Also ich habe auch schon Bachforellen ohne rote Punkte gefangen ;-)

Bachos gibt es in vielen Farben....

Zumal Bachforelle und Meerforelle ein und derselbe Fisch ist, nur die Färbung verändert sich, je nach Wahl des Standortes( Meer oder Fluss)


----------



## JunkieXL (12. Februar 2006)

*AW: Braune Mefo oder andere Gattung ???*

naja ich kenn Bachforellen nur mit roten Punkten bei uns hier gibs nur 2 Bäche wo es welche gibt und in beiden hatten meine gefangenen rote Punkte!


----------



## Schillerlocke (13. Februar 2006)

*AW: Braune Mefo oder andere Gattung ???*



			
				Truttafriend schrieb:
			
		

> Für mich ist das ´ne eins A gefärbte Mefo.
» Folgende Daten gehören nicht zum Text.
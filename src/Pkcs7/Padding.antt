-- ===== src/Pkcs7/Padding.antt =====
-- What `pad` and `unpad` of packages/core/src/crypto/pkcs7.js do to one another.
use native.Mathlib.Decide.{dec_lt}
use mathlib.Core.Path.{ap₂}
use mathlib.Core.Bool.{false≢true}
use reticulum_js.Common.{
  ℕ, zero, suc, ◌+◌, ◌-◌, ◌%◌, ◌≤◌, ◌<◌, ◌≡◌, ◌↔◌, refl, sym, ap, ◌∙◌, arith, true, Option, none,
  some, List, [], ◌∷◌, ◌++◌, length, length-append, length-replicate, length-drop, get_elem?, take,
  drop, replicate, take-append, take-append-drop, ok, Bool-cases, inl, inr,
}
use reticulum_js.Pkcs7.{pad, from_end, is_value, check, last, unpad}

get_elem?-replicate : (n v j : ℕ) → j < n → get_elem? (replicate n v) j ≡ some v
get_elem?-replicate zero v j h = absurd (omega arith)
get_elem?-replicate (suc n) v zero h = refl
get_elem?-replicate (suc n) v (suc j) h = get_elem?-replicate n v j (omega arith)

get_elem?-padded :
    (bytes : List ℕ) (n v k : ℕ)
    → length bytes ≤ k
    → k < length bytes + n
    → get_elem? (bytes ++ replicate n v) k ≡ some v
get_elem?-padded [] n v k lo hi = get_elem?-replicate n v k (omega arith)
get_elem?-padded (b ∷ bytes) n v zero lo hi = absurd (omega arith)
get_elem?-padded (b ∷ bytes) n v (suc k) lo hi =
    get_elem?-padded bytes n v k (omega arith) (omega arith)

from_end-padded :
    (bytes : List ℕ) (n v i : ℕ) → 1 ≤ i → i ≤ n → from_end (bytes ++ replicate n v) i ≡ some v
from_end-padded bytes n v i h h' = ground (
  arith,
  length-append bytes (replicate n v),
  length-replicate n v,
  get_elem?-padded bytes n v (length (bytes ++ replicate n v) - i),
)

check-padded :
    (bytes : List ℕ) (n v rounds i : ℕ)
    → 1 ≤ i
    → i + rounds ≤ n + 1
    → check (bytes ++ replicate n v) v rounds i ≡ true
unfolding check is_value
check-padded bytes n v zero i h h' = refl
check-padded bytes n v (suc rounds) i h h' =
    ground (arith, from_end-padded bytes n v i, check-padded bytes n v rounds (suc i))

-- Any 1 to 16 equal bytes that count themselves are taken off.
unpad-padded : (bytes : List ℕ) (n : ℕ) → 1 ≤ n → n ≤ 16 → unpad (bytes ++ replicate n n) ≡ ok bytes
unfolding unpad last
unpad-padded bytes n h h' = ground (
  arith,
  from_end-padded bytes n n 1 (omega arith) h,
  check-padded bytes n n n 1 (omega arith) (omega arith),
  length-append bytes (replicate n n),
  length-replicate n n,
  cut,
)
  where
    cut : take (length (bytes ++ replicate n n) - n) (bytes ++ replicate n n) ≡ bytes
    cut =
        take-append _ bytes (replicate n n)
          (omega (arith, length-append bytes (replicate n n), length-replicate n n))

-- The other way: what the loop has seen.
is_value→eq : (o : Option ℕ) (v : ℕ) → is_value o v ≡ true → o ≡ some v
unfolding is_value
is_value→eq none v h = cc
is_value→eq (some b) v h = ground arith

check_first :
    (bytes : List ℕ) (v rounds i : ℕ)
    → check bytes v (suc rounds) i ≡ true
    → (from_end bytes i ≡ some v) × (check bytes v rounds (suc i) ≡ true)
unfolding check
check_first bytes v rounds i c = elim (Bool-cases (is_value (from_end bytes i) v)) [
  | inl h ↦ (is_value→eq (from_end bytes i) v h, rw h at c)
  | inr h ↦ absurd (false≢true (rw h at c))
]

check-at :
    (bytes : List ℕ) (v rounds i j : ℕ)
    → check bytes v rounds i ≡ true
    → i ≤ j
    → j < i + rounds
    → from_end bytes j ≡ some v
check-at bytes v zero i j c lo hi = absurd (omega arith)
check-at bytes v (suc rounds) i j c lo hi = elim (dec_lt i j) [
  | yes h ↦ check-at bytes v rounds (suc i) j (check_first bytes v rounds i c).1 h (omega arith)
  | no h ↦ let e : j ≡ i = omega arith in rw e (check_first bytes v rounds i c).0
]

get_elem?-drop : (n k j : ℕ) (xs : List ℕ) → k ≡ n + j → get_elem? (drop n xs) j ≡ get_elem? xs k
get_elem?-drop zero k j xs e = ap (get_elem? xs) (omega arith)
get_elem?-drop (suc n) k j [] e = refl
get_elem?-drop (suc n) zero j (x ∷ xs) e = absurd (omega arith)
get_elem?-drop (suc n) (suc k) j (x ∷ xs) e = get_elem?-drop n k j xs (omega arith)

all_equal :
    (xs : List ℕ) (v : ℕ)
    → ((j : ℕ) → j < length xs → get_elem? xs j ≡ some v)
    → xs ≡ replicate (length xs) v
all_equal [] v h = refl
all_equal (x ∷ xs) v h =
    let first : x ≡ v = cc (h 0 (omega arith)) in
    ap₂ ◌∷◌ first (all_equal xs v (λ j lt. h (suc j) (omega arith)))

from_end-le : (bytes : List ℕ) (i v : ℕ) → from_end bytes i ≡ some v → i ≤ length bytes
from_end-le bytes i v h = ground arith

from_end→get :
    (bytes : List ℕ) (i v : ℕ)
    → from_end bytes i ≡ some v
    → get_elem? bytes (length bytes - i) ≡ some v
from_end→get bytes i v h = ground arith

tail_lem :
    (bytes : List ℕ) (n v : ℕ)
    → 1 ≤ n
    → check bytes v n 1 ≡ true
    → bytes ≡ take (length bytes - n) bytes ++ replicate n v
tail_lem bytes n v h c =
    let fits = from_end-le bytes n v (check-at bytes v n 1 n c h (omega arith)) in
    let cut : ℕ = length bytes - n in
    let size : length (drop cut bytes) ≡ n = omega (arith, length-drop cut bytes) in
    sym (take-append-drop cut bytes)
    ∙ ap (λ xs. take cut bytes ++ xs)
        (all_equal (drop cut bytes) v (λ j lt.
            get_elem?-drop cut (length bytes - (n - j)) j bytes (omega arith)
            ∙ from_end→get bytes (n - j) v
                (check-at bytes v n 1 (n - j) c (omega arith) (omega arith)))
          ∙ ap (λ k. replicate k v) size)

unpad_passed :
    (bytes out : List ℕ)
    → unpad bytes ≡ ok out
    → (1 ≤ last bytes)
      × (last bytes ≤ 16)
      × (check bytes (last bytes) (last bytes) 1 ≡ true)
      × (out ≡ take (length bytes - last bytes) bytes)
unfolding unpad
unpad_passed bytes out h = ground arith

-- `unpad` succeeds exactly on data that ends in n bytes of value n, for an n from 1 to 16, and takes
-- just those off.
pub unpad_iff :
    (bytes out : List ℕ)
    → (unpad bytes ≡ ok out) ↔ ((n : ℕ) × (1 ≤ n) × (n ≤ 16) × (bytes ≡ out ++ replicate n n))
unpad_iff bytes out = (
  (λ h.
      let (lo, hi, c, e) = unpad_passed bytes out h in
      (last bytes, lo, hi, rw e (tail_lem bytes (last bytes) (last bytes) lo c))),
  (λ h. rw h.3 (unpad-padded out h.0 h.1 h.2)),
)

-- `pad` makes whole blocks of 16, never more than one block longer, and `unpad` gives the data back.
pub unpad-pad :
    (bytes : List ℕ)
    → (unpad (pad bytes) ≡ ok bytes)
      × (length (pad bytes) % 16 ≡ 0)
      × (length bytes < length (pad bytes))
      × (length (pad bytes) ≤ length bytes + 16)
unfolding pad
unpad-pad bytes =
    let n : ℕ = 16 - length bytes % 16 in
    (
      unpad-padded bytes n (omega arith) (omega arith),
      omega (arith, length-append bytes (replicate n n), length-replicate n n),
      omega (arith, length-append bytes (replicate n n), length-replicate n n),
      omega (arith, length-append bytes (replicate n n), length-replicate n n),
    )

-- Whole blocks that `unpad` accepts are what `pad` makes of the result.
pub pad-unpad :
    (bytes out : List ℕ) → length bytes % 16 ≡ 0 → unpad bytes ≡ ok out → pad out ≡ bytes
unfolding pad
pad-unpad bytes out blocks h =
    let (n, lo, hi, e) = (unpad_iff bytes out).0 h in
    let size : length bytes ≡ length out + n =
      ap (λ (xs : List ℕ). length xs) e
      ∙ omega (arith, length-append out (replicate n n), length-replicate n n) in
    let same : 16 - length out % 16 ≡ n = omega arith in ap (λ k. out ++ replicate k k) same ∙ sym e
Sehe ich genau so, ich habe gerade zum Ende der Saison (April/Mai) schon viele solche Fische in DK gefangen. Gerade in der Genner Bucht und im Vejle Fjord habe ich solche Fische gefangen. 
Gruß Schillerlocke


----------



## Kalex (13. Februar 2006)

*AW: Braune Mefo oder andere Gattung ???*



			
				elbfänger schrieb:
			
		

> Zumal Bachforelle und Meerforelle ein und derselbe Fisch ist, nur die Färbung verändert sich, je nach Wahl des Standortes( Meer oder Fluss)
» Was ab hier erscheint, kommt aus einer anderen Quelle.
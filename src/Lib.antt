-- ===== src/Lib.antt =====
-- The KiteQ client for C++: a verification library for its own code, from the byte buffer up to
-- the client that connects, sends, waits for responses and calls its listener, and the programs
-- that use it.
--
-- A client owns a session on a socket. `send` and its siblings encode a message into a packet
-- (KitePacket, on a ByteBuf) and hand the bytes to the session; the session reads a length and then
-- a packet, decodes it, and calls `handle_read_pkg`, which gives responses to the futures that wait
-- (ResponseFuture) and messages to a listener (ListenerManager). A heartbeat thread sends while the
-- client runs and counts what was missed. Counters hold the client's status and its statistics.
--
--   ByteBuf         commons/ByteBuf.hpp: the record `ByteBuf` and a function for each method
--                   (writeInt is write_int, the static readInt read_int, the member readInt
--                   next_int). Fields, Long: what is written and read; Invariant, Appends: the
--                   indices and the capacity.
--   Protocol        protocol/protocol.h: the constants; the kinds of messages; the record `Codec` of
--                   what the packet code relies on of the messages.
--   Messages        protocol/protobuf/generated/kite_remoting.pb.cc: a module for each class, with a
--                   child Whole on the messages that are parsed back and a child Copy; the loop of
--                   their parsers (Loop, Reads, Fields), messages within messages (Nested, Headed),
--                   the eight classes that travel in a packet as one type (Any), and proofs on all
--                   of them: the Codec that they are (Codec), and their copies (Copies).
--   KitePacket      protocol/KitePacket.cpp: toByteBuf, parseFrom, delimPacket. Encode, Decode,
--                   RoundTrip, Delim, Unparsed, Outcomes: proofs.
--   Session         remoting/inc/asioSession.hpp: each completion handler is a function from the
--                   session to the session and its next action; `conn_step` and `receive_all` run
--                   them on the bytes that the peer sends. Length, Frames, Stream, Faults: proofs.
--   Commons         commons/Counter.hpp and KiteStats.hpp (Counter), AtomicInteger.hpp (Atomic),
--                   ConcurrentMap.hpp, ConcurrentSet.hpp, HostPort.hpp, ThreadPoolManager.hpp.
--   Remoting        remoting/ListenerManager.cpp, ResponseFuture.cpp, KiteIOClient.h (the interface,
--                   KiteIoClient), and asioKiteIOClient.cpp: its class Heartbeat (Heartbeat), the
--                   handlers, the constructor and close (Client), the methods that send and wait,
--                   handshake and the heartbeat's thread (Calls), start and reconnect (Connect), and
--                   the steps of all its threads as a relation (Machine).
--   Examples        example/: the two producers and the consumer; Orders, Rounds, Arrival: proofs
--                   on the messages that they build and where these arrive.
--   Base            shared names, words of 32 and 64 bits, bitwise operators, maps.
--   Tests           concrete data, and the theorems at concrete inputs.
--
-- Numbers are bit patterns: a `char` is below 2^8, an `int` below 2^32, a `long` below 2^64, with
-- sign extension and wrap-around written out for an LP64 machine on which `char` is signed. A
-- section under a lock is one step; what other threads do between two steps is an argument: of
-- `start` and `reconnect` what they do while an attempt sleeps, and of the methods that wait what
-- they do until the wait is over, the handler that brings the response included. In `Machine` a
-- handler may act after `close`, since the io service does not wait for one that has begun, and
-- other clients act on the futures, the listeners and the statistics, which are static.
--
-- What is not in the repository is a parameter: `Platform` (the growth of a vector, and the
-- value of shifts that C++ leaves undefined), `Codec` in the packet's and the client's code,
-- `Wire` (the protobuf runtime's primitives), `Splitter` and `Boost` (boost's algorithms on
-- texts), `Pools` (its thread pools), `KiteClients` (the library that the examples use), the
-- header that the base class KitePacketHeader makes, the clock, the sizes of asio's buffers and
-- its error code for the end of a stream. A read out of bounds and a null pointer are the
-- outcome `fault`.
--
-- Fuel: `to_byte_buf` takes rounds of its loop, and one is enough for a fresh packet;
-- `receive_all` takes steps, three for each frame and two for the end; `connect_loop` takes
-- attempts, and the code itself stops after ten; the messages' parsers take a round for each byte
-- of the input and one for the end, and are given as many; the loops that retry a compareAndSet
-- take a list of what comes in between.
--
-- Not modelled: the copy of cJSON, which nothing calls; an exception type that nothing throws;
-- putIfAbsent of ConcurrentSet, which does not compile; a listener that is null; the insides of the
-- io service, its resolver and its socket, and of threads; Swap, release and the descriptors of the
-- protobuf classes; the printing and the sleeps.
pub mod Base
pub mod ByteBuf
pub mod Protocol
pub mod Messages
pub mod KitePacket
pub mod Session
pub mod Commons
pub mod Remoting
pub mod Examples
pub mod Tests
So ist es! Klare braune Mefo. Da es die selbe Gattung ist, sehen diese sich auch zum verwechseln ähnlich. Gerade wenn die langsam wieder Ihr Leichkleid verlieren.
Zum gelben Bauch. Die gibt es auch ohne!

Bevor es wieder ein Verbal-Spektakel gibt, die Forelle hat es überlebt.


----------



## FoolishFarmer (13. Februar 2006)

*AW: Braune Mefo oder andere Gattung ???*

Der Witz an der Sache ist, dass sich Taxonomen schon seit Jahren streiten, ob man Meer- und Bachforelle eigentlich so differenziert unterscheiden kann, wie das gerne getan wird.
Die Meerforelle ist nämlich nichts anderes als die wandernde Form der Bachforelle (aufgrund von Nahrung und Lebensraum wird sie halt entsprechend größer und silbriger) - da kann ich meine Vorposter nur bestätigen. Ist ähnlich wie die Steelhead in Nordamerika, die nicht anderes ist als eine wandernde Form der Regenbogenforelle:
Genetisch sind sie zwar zu unterscheiden, aber es reicht nicht an Merkmalen für eine eigene Art - man spricht in einem solchen fall von Unterart.
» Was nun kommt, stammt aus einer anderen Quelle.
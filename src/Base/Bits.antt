-- ===== src/Base/Bits.antt =====
-- `|` and `&` at variables: bounds, fields and masks. The native operations are recursions on
-- binary digits with fuel, and each fact is proved for every fuel that is enough.
use Prim.Native.Nat.{digits, bit_and-bitwise, bit_or-bitwise}
use Prim.Native.Nat.{
  ℕ, zero, suc, ◌+◌, ◌-◌, ◌*◌, ◌/◌, ◌%◌, ◌^◌, ◌≤◌, ◌<◌, min, max, bit_and, bit_or,
}
use mathlib.Core.Path.{◌≡◌, refl, ap, ◌∙◌}
use native.Mathlib.Nat.{pow-suc, one-le-pow}
use native.Mathlib.Omega.{arith}

abbrev or_digits : ℕ → ℕ → ℕ → ℕ
or_digits = digits (λ y. y) max

abbrev and_digits : ℕ → ℕ → ℕ → ℕ
and_digits = digits (λ y. 0) min

or_digits-ge : (fuel a b : ℕ) → a ≤ fuel → (a ≤ or_digits fuel a b) × (b ≤ or_digits fuel a b)
or_digits-ge zero zero b enough = omega arith
or_digits-ge zero (suc a) b enough = absurd (omega arith)
or_digits-ge (suc fuel) zero b enough = omega arith
or_digits-ge (suc fuel) (suc a) b enough =
    let half = or_digits-ge fuel (suc a / 2) (b / 2) (omega arith) in
    (omega (arith, half.0), omega (arith, half.1))

or_digits-lt : (fuel k a b : ℕ) → a ≤ fuel → a < 2 ^ k → b < 2 ^ k → or_digits fuel a b < 2 ^ k
or_digits-lt zero k zero b enough p q = q
or_digits-lt zero k (suc a) b enough p q = absurd (omega arith)
or_digits-lt (suc fuel) k zero b enough p q = q
or_digits-lt (suc fuel) zero (suc a) b enough p q = absurd (omega arith)
or_digits-lt (suc fuel) (suc k) (suc a) b enough p q =
    let double = pow-suc 2 k in
    omega (
      arith,
      double,
      or_digits-lt fuel k (suc a / 2) (b / 2) (omega arith) (omega (arith, double))
          (omega (arith, double)),
    )

double_field : (q k : ℕ) → q * 2 ^ suc k ≡ q * 2 ^ k * 2
double_field q k = omega (arith, ap (λ (power : ℕ). q * power) (pow-suc 2 k))

-- A multiple of 2 ^ k and a number below it have no digit in common.
or_digits-add :
    (fuel a k q r : ℕ) → a ≤ fuel → a ≡ q * 2 ^ k → r < 2 ^ k → or_digits fuel a r ≡ a + r
or_digits-add zero zero k q r enough e low = omega arith
or_digits-add zero (suc a) k q r enough e low = absurd (omega arith)
or_digits-add (suc fuel) zero k q r enough e low = omega arith
or_digits-add (suc fuel) (suc a) zero q r enough e low = omega (
  arith,
  or_digits-add fuel (suc a / 2) 0 (suc a / 2) (r / 2) (omega arith) (omega arith) (omega arith),
)
or_digits-add (suc fuel) (suc a) (suc k) q r enough e low =
    let twice = double_field q k in
    let double = pow-suc 2 k in
    omega (
      arith,
      twice,
      or_digits-add fuel (suc a / 2) k q (r / 2) (omega arith) (omega (arith, twice))
          (omega (arith, double)),
    )

-- A mask of k ones leaves the part below 2 ^ k.
and_digits-mask :
    (fuel a k q r : ℕ)
    → a ≤ fuel
    → a ≡ q * 2 ^ k + r
    → r < 2 ^ k
    → and_digits fuel a (2 ^ k - 1) ≡ r
and_digits-mask zero zero k q r enough e low = omega arith
and_digits-mask zero (suc a) k q r enough e low = absurd (omega arith)
and_digits-mask (suc fuel) zero k q r enough e low = omega arith
and_digits-mask (suc fuel) (suc a) zero q r enough e low = omega (
  arith,
  and_digits-mask fuel (suc a / 2) 0 (suc a / 2) 0 (omega arith) (omega arith) (omega arith),
)
and_digits-mask (suc fuel) (suc a) (suc k) q r enough e low =
    let twice = double_field q k in
    let double = pow-suc 2 k in
    let positive = one-le-pow k 2 in
    let shorter : (2 ^ suc k - 1) / 2 ≡ 2 ^ k - 1 = omega (arith, double, positive) in
    let ih =
      and_digits-mask fuel (suc a / 2) k q (r / 2) (omega arith) (omega (arith, twice))
        (omega (arith, double)) in
    rw shorter (rw ih (omega (arith, twice, double, positive)))

pub zero-bit_or : (b : ℕ) → bit_or 0 b ≡ b
zero-bit_or b = bit_or-bitwise 0 b

-- `|` sets bits and clears none.
pub le-bit_or_left : (a b : ℕ) → a ≤ bit_or a b
le-bit_or_left a b = omega (arith, bit_or-bitwise a b, (or_digits-ge a a b (omega arith)).0)

pub le-bit_or_right : (a b : ℕ) → b ≤ bit_or a b
le-bit_or_right a b = omega (arith, bit_or-bitwise a b, (or_digits-ge a a b (omega arith)).1)

-- `|` of two `k`-bit values has `k` bits.
pub bit_or-lt : (k a b : ℕ) → a < 2 ^ k → b < 2 ^ k → bit_or a b < 2 ^ k
bit_or-lt k a b p q = omega (arith, bit_or-bitwise a b, or_digits-lt a k a b (omega arith) p q)

-- `(q << k) | r` is a sum when r fits k bits.
pub bit_or_fields : (k q r : ℕ) → r < 2 ^ k → bit_or (q * 2 ^ k) r ≡ q * 2 ^ k + r
bit_or_fields k q r low =
    bit_or-bitwise (q * 2 ^ k) r
    ∙ or_digits-add (q * 2 ^ k) (q * 2 ^ k) k q r (omega arith) refl low

-- `& (2 ^ k - 1)` is the remainder by 2 ^ k.
pub bit_and_mask : (k a : ℕ) → bit_and a (2 ^ k - 1) ≡ a % 2 ^ k
bit_and_mask k a =
    bit_and-bitwise a (2 ^ k - 1)
    ∙ and_digits-mask a a k (a / 2 ^ k) (a % 2 ^ k) (omega arith) (ground (arith, one-le-pow k 2))
        (ground (arith, one-le-pow k 2))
An den Lachskontrollstationen (z.B. in Buisdorf an der Sieg/ NRW) werden bei den aufsteigenden Meerforellen etliche dieser Forellen wie die von Havorred gefangen - mittlerweile werden diese nur noch als "Großforelle" zusammengefasst betrachtet, weil eben auch die großen Bachforellen aus Rhein und dem Unterlauf der Sieg in die Oberläufe zum Laichen aufsteigen. 
Die genetische Abweichung von Meer- zu Bachforlle ist indes lange nicht so deutlich wie dies bei der Steelhead der Fall ist!

@ Havorred:
Von daher ist es durchaus möglich, dass es eine "Bachforelle" ist, die noch nicht lange im Meer umhergezogen ist und den überwiegenden Teil ihres bisherigen lebens im Bach verbracht hatte. Nicht alle Smolts wandern im 3. Jahr ab - einige bleiben durchaus schonmal länger in den Bächen...
Aber jetzt zu sagen es wäre *keine* Meerforelle ist auch nicht richtig - denn immerhin hast Du sie im Meer gefangen!


----------



## taildancer (13. Februar 2006)

*AW: Braune Mefo oder andere Gattung ???*

Ja ja...meerforelle,seeforelle oder bachforelle...das ist ein kompliziertes thema!
in finnland wird das auch heiß und heftig diskutiert.
denn dort is das angeln auf bachforellen sehr beliebt.bachforellen hab dort auch ein sehr geringes schonmaß.
doch da in sehr vielen flüssen auch seeforellen und meerforellen laichen,weiß keiner so recht bescheid,was er da nun am haken hat!?
ne kleine mefo oder ne bachforelle?


----------



## elbfänger (13. Februar 2006)

*AW: Braune Mefo oder andere Gattung ???*

Also ich habe bei uns im Bach/Fluss schon Bachforellen am Haken gehabt die gerade mal 20cm hatten. Waren gerade mal größer als mein Wobbler ;-)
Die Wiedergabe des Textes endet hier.